__WHAT IS REQUIRED__
Send back exactly the lines from the opening line of the records below through the one with "read_user-user_line u v = rw".

(Collected data)
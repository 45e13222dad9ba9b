-- ===== src/Shell/Users.antt =====
-- project2/src/np_multi_proc/src/UserManager.cpp: the users, kept as text in shared memory.
pub mod Model
pub mod Text
pub mod Ids
pub mod Names
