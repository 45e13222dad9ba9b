-- ===== src/Shell/Users/Text.antt =====
-- What UserManager writes to shared memory is what it reads back.
use nycu_csic30091_netw.Prelude.{ℕ, none, some}
use nycu_csic30091_netw.Prelude.{[], ◌∷◌, ◌++◌, ◌≡◌, refl, ap, sym, subst, ◌∙◌}
use nycu_csic30091_netw.Prelude.{append_assoc, append-nil}
use nycu_csic30091_netw.Prelude.Bytes.{Bytes, Free}
use nycu_csic30091_netw.Cxx.Decimal.{to_string, is_digit, to_string-Free}
use nycu_csic30091_netw.Cxx.Numbers.{read_int-to_string, read_int-space}
use nycu_csic30091_netw.Cxx.Stream.{
  fields, fields-append, read_word, read_word-append, read_word-all,
}
use nycu_csic30091_netw.Cxx.Stream.{read_word-space, NoSpace, IsWord}
use nycu_csic30091_netw.Cxx.Stream.{Free-append, NoSpace-Free, IsWord-NoSpace}
use nycu_csic30091_netw.Cxx.Map.{Map, insert, insert-last, Above}
use nycu_csic30091_netw.Shell.Users.Model.{User, Maps, no_users, user_line, users_text}
use nycu_csic30091_netw.Shell.Users.Model.{
  read_user, add_to_maps, read_lines, read_from_shared_memory,
}

-- The address is a word; the name is one, or empty.
pub record IsPlainUser (u : User) : Type 0 where
  pub ip_word : IsWord u.ip_addr
  pub name_plain : NoSpace u.name

abbrev pub AllPlain : Map User → Type 0
AllPlain [] = Unit {0}
AllPlain ((k, u) ∷ m) = (k ≡ u.id) × IsPlainUser u × AllPlain m

-- The users by id: rising ids, each user under its own, and words for text.
pub record IsUsers (m : Map User) : Type 0 where
  pub rising : Above 0 m
  pub plain : AllPlain m

read_name :
    (name : Bytes) → NoSpace name → elim (read_word (32 ∷ name)) [ none ↦ [] | some p ↦ p.0 ] ≡ name
read_name [] h = unfold read_word in refl
read_name (c ∷ w) h = rw (read_word-space (c ∷ w)) (rw (read_word-all (c ∷ w) h))

-- A line is read back as its user.
pub read_user-user_line : (u : User) → IsPlainUser u → read_user (user_line u) ≡ some u
unfolding user_line read_user
read_user-user_line u v = rw (read_int-to_string u.id _) (
    rw (read_int-space (to_string u.pid ++ _)) (
      rw (read_int-to_string u.pid _) (
        rw (read_int-space (to_string u.fd ++ _)) (
          rw (read_int-to_string u.fd _) (
            rw (read_word-space (u.ip_addr ++ _)) (
              rw (read_word-append u.ip_addr u.name v.ip_word)
                (ap (λ n. some (record u { name = n })) (read_name u.name v.name_plain))))))))

Free-user_line : (u : User) → IsPlainUser u → Free 10 (user_line u)
unfolding user_line
Free-user_line u v =
    let number = λ (n : ℕ) (rest : Bytes) (f : Free 10 rest).
      Free-append 10 (to_string n) (32 ∷ rest) (to_string-Free 10 n (unfold is_digit in refl))
        (refl, f) in
    number u.id _ (
      number u.pid _ (
        number u.fd _ (
          Free-append 10 u.ip_addr (32 ∷ u.name)
            (NoSpace-Free u.ip_addr (IsWord-NoSpace _ v.ip_word))
            (refl, NoSpace-Free u.name v.name_plain))))

-- The three maps of the users in `m`, on top of `maps`.
abbrev pub index : Map User → Maps → Maps
index [] maps = maps
index ((k, u) ∷ m) maps = index m (add_to_maps u maps)

read_lines-users_text :
    (m : Map User) (maps : Maps)
    → AllPlain m
    → read_lines (fields 10 (users_text m)) maps ≡ some (index m maps)
unfolding users_text read_lines
read_lines-users_text [] maps v = unfold fields in refl
read_lines-users_text ((k, u) ∷ m) maps v =
    rw (fields-append 10 (user_line u) (users_text m) (Free-user_line u v.1))
      (rw (read_user-user_line u v.1) (read_lines-users_text m (add_to_maps u maps) v.2))

id_user_map-index :
    (m prev : Map User) (maps : Maps)
    → Above 0 (prev ++ m)
    → AllPlain m
    → maps.id_user_map ≡ prev
    → (index m maps).id_user_map ≡ prev ++ m
unfolding add_to_maps
id_user_map-index [] prev maps a v e = e ∙ sym (append-nil prev)
id_user_map-index ((k, u) ∷ m) prev maps a v e =
    let inserted : (add_to_maps u maps).id_user_map ≡ prev ++ (k, u) ∷ [] =
      ap (λ j. insert j u maps.id_user_map) (sym v.0)
      ∙ ap (insert k u) e
      ∙ insert-last 0 k u prev m a in
    let split = append_assoc prev ((k, u) ∷ []) m in
    id_user_map-index m (prev ++ (k, u) ∷ []) (add_to_maps u maps) (subst (Above 0) (sym split) a)
      v.2 inserted
    ∙ split

pub read-users_text :
    (m : Map User)
    → IsUsers m
    → (read_from_shared_memory (users_text m) ≡ some (index m no_users))
      × ((index m no_users).id_user_map ≡ m)
unfolding read_from_shared_memory
read-users_text m v = (
  read_lines-users_text m no_users v.plain,
  id_user_map-index m [] no_users v.rising v.plain refl,
)
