-- ===== src/Shell/Users/Ids.antt =====
-- The ids that UserManager gives: the least free one, found by a loop that ends.
use nycu_csic30091_netw.Prelude.{ℕ, zero, suc, ◌≤◌, ◌<◌, none, some, [], ◌∷◌}
use nycu_csic30091_netw.Prelude.{◌≡◌, refl, ◌≢◌, arith, length, inl, inr, Option-cases}
use nycu_csic30091_netw.Prelude.{◌==◌, ltb, lt→ltb, Bool-cases}
use nycu_csic30091_netw.Prelude.Bytes.{Bytes}
use native.Mathlib.Decide.{ℕ_discrete}
use nycu_csic30091_netw.Cxx.Map.{Map, find, insert, count_from, count_from-found, count_from-le}
use nycu_csic30091_netw.Cxx.Map.{insert-Above}
use nycu_csic30091_netw.Cxx.Stream.{IsWord}
use nycu_csic30091_netw.Shell.Users.Model.{User, users_text, id_min, id_min_from}
use nycu_csic30091_netw.Shell.Users.Model.{write_to_shared_memory, shm_size}
use nycu_csic30091_netw.Shell.Users.Model.{add_user}
use nycu_csic30091_netw.Shell.Users.Text.{IsUsers, IsPlainUser, AllPlain, read-users_text}

-- An id from `lo` on that is free while every id between is taken.
pub record IsLeastFree (lo id : ℕ) (m : Map User) : Type 0 where
  pub from_lo : lo ≤ id
  pub free : find id m ≡ none
  pub least : (j : ℕ) → lo ≤ j → j < id → find j m ≢ none

-- The least free id above a taken one is the least from the taken one on.
IsLeastFree-suc :
    (id r : ℕ) (u : User) (m : Map User)
    → find id m ≡ some u
    → IsLeastFree (suc id) r m
    → IsLeastFree id r m
IsLeastFree-suc id r u m e v = record {
  from_lo = omega (arith, v.from_lo);
  free = v.free;
  least =
      λ j a b n. elim (ℕ_discrete id j) [ yes same ↦ cc | no other ↦ v.least j (omega arith) b n ];
}

id_min_from_lem :
    (f id : ℕ) (m : Map User)
    → count_from id m < f
    → (r : ℕ) × (id_min_from f id m ≡ some r) × IsLeastFree id r m
unfolding id_min_from
id_min_from_lem zero id m h = absurd (omega arith)
id_min_from_lem (suc f) id m h = elim (Option-cases (find id m)) [
  | inl e ↦ (
    id,
    rw (e, id_min_from),
    record { from_lo = omega arith; free = e; least = λ j a b. absurd (omega arith) },
  )
  | inr (u, e) ↦
      let (r, run, v) = id_min_from_lem f (suc id) m (omega (arith, count_from-found id u m e)) in
      (r, rw (e, id_min_from) run, IsLeastFree-suc id r u m e v)
]

-- `idMin` ends, and returns the least id from 1 on that no user has.
pub id_min_lem : (m : Map User) → (r : ℕ) × (id_min m ≡ some r) × IsLeastFree 1 r m
unfolding id_min
id_min_lem m = id_min_from_lem (suc (length m)) 1 m (omega (arith, count_from-le 1 m))

AllPlain-insert :
    (u : User) (m : Map User) → IsPlainUser u → AllPlain m → AllPlain (insert u.id u m)
unfolding insert
AllPlain-insert u [] p v = (refl, p, tt)
AllPlain-insert u ((j, w) ∷ m) p v =
    let rest = AllPlain-insert u m p v.2 in
    elim (Bool-cases (ltb u.id j)) [
      | inl e ↦ rw e (refl, p, v)
      | inr e ↦ rw e (elim (Bool-cases (u.id == j)) [
        | inl e' ↦ rw e' (refl, p, v.2)
        | inr e' ↦ rw e' (v.0, v.1, rest)
      ])
    ]

pub insert-IsUsers :
    (u : User) (m : Map User) → IsPlainUser u → IsUsers m → IsUsers (insert u.id u m)
insert-IsUsers u m p v = record {
  rising = insert-Above 0 u.id u m (omega arith) v.rising;
  plain = AllPlain-insert u m p v.plain;
}

abbrev pub newcomer : ℕ → ℕ → Bytes → ℕ → User
newcomer pid fd ip id = record { pid = pid; fd = fd; id = id; name = []; ip_addr = ip }

-- On the text of well-formed users `addUser`, for an address that is a word, gives the least free
-- id from 1 on, under which the new user, who has no name, stands in the new text beside the old
-- ones; the users stay well-formed. The new text has to fit into the segment.
pub add_user_lem :
    (pid fd : ℕ) (ip : Bytes) (m : Map User)
    → IsUsers m
    → IsWord ip
    → ((id : ℕ)
        → id_min m ≡ some id
        → length (users_text (insert id (newcomer pid fd ip id) m)) < shm_size)
    → (id : ℕ) × IsLeastFree 1 id m
      × (add_user pid fd ip (users_text m)
          ≡ some (newcomer pid fd ip id, users_text (insert id (newcomer pid fd ip id) m)))
      × IsUsers (insert id (newcomer pid fd ip id) m)
unfolding add_user write_to_shared_memory
add_user_lem pid fd ip m v w fits =
    let (id, found, least) = id_min_lem m in
    let (read, same) = read-users_text m v in
    (
      id,
      least,
      rw read (rw same (rw found (rw (lt→ltb _ _ (fits id found))))),
      insert-IsUsers (newcomer pid fd ip id) m (record { ip_word = w; name_plain = tt }) v,
    )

__YOUR SOLUTION__
repository 45e13222dad9ba9b
-- ===== src/Shell/Users.antt =====
-- project2/src/np_multi_proc/src/UserManager.cpp: the users, kept as text in shared memory.
pub mod Model
pub mod Text
pub mod Ids
pub mod Names
repository 45e13222dad9ba9b
-- ===== src/Shell/Users/Text.antt =====
-- What UserManager writes to shared memory is what it reads back.
use nycu_csic30091_netw.Prelude.{ℕ, none, some}
use nycu_csic30091_netw.Prelude.{[], ◌∷◌, ◌++◌, ◌≡◌, refl, ap, sym, subst, ◌∙◌}
use nycu_csic30091_netw.Prelude.{append_assoc, append-nil}
use nycu_csic30091_netw.Prelude.Bytes.{Bytes, Free}
use nycu_csic30091_netw.Cxx.Decimal.{to_string, is_digit, to_string-Free}
use nycu_csic30091_netw.Cxx.Numbers.{read_int-to_string, read_int-space}
use nycu_csic30091_netw.Cxx.Stream.{
  fields, fields-append, read_word, read_word-append, read_word-all,
}
use nycu_csic30091_netw.Cxx.Stream.{read_word-space, NoSpace, IsWord}
use nycu_csic30091_netw.Cxx.Stream.{Free-append, NoSpace-Free, IsWord-NoSpace}
use nycu_csic30091_netw.Cxx.Map.{Map, insert, insert-last, Above}
use nycu_csic30091_netw.Shell.Users.Model.{User, Maps, no_users, user_line, users_text}
use nycu_csic30091_netw.Shell.Users.Model.{
  read_user, add_to_maps, read_lines, read_from_shared_memory,
}

-- The address is a word; the name is one, or empty.
pub record IsPlainUser (u : User) : Type 0 where
  pub ip_word : IsWord u.ip_addr
  pub name_plain : NoSpace u.name

abbrev pub AllPlain : Map User → Type 0
AllPlain [] = Unit {0}
AllPlain ((k, u) ∷ m) = (k ≡ u.id) × IsPlainUser u × AllPlain m

-- The users by id: rising ids, each user under its own, and words for text.
pub record IsUsers (m : Map User) : Type 0 where
  pub rising : Above 0 m
  pub plain : AllPlain m

read_name :
    (name : Bytes) → NoSpace name → elim (read_word (32 ∷ name)) [ none ↦ [] | some p ↦ p.0 ] ≡ name
read_name [] h = unfold read_word in refl
read_name (c ∷ w) h = rw (read_word-space (c ∷ w)) (rw (read_word-all (c ∷ w) h))

-- A line is read back as its user.
pub read_user-user_line : (u : User) → IsPlainUser u → read_user (user_line u) ≡ some u
unfolding user_line read_user
read_user-user_line u v = rw (read_int-to_string u.id _) (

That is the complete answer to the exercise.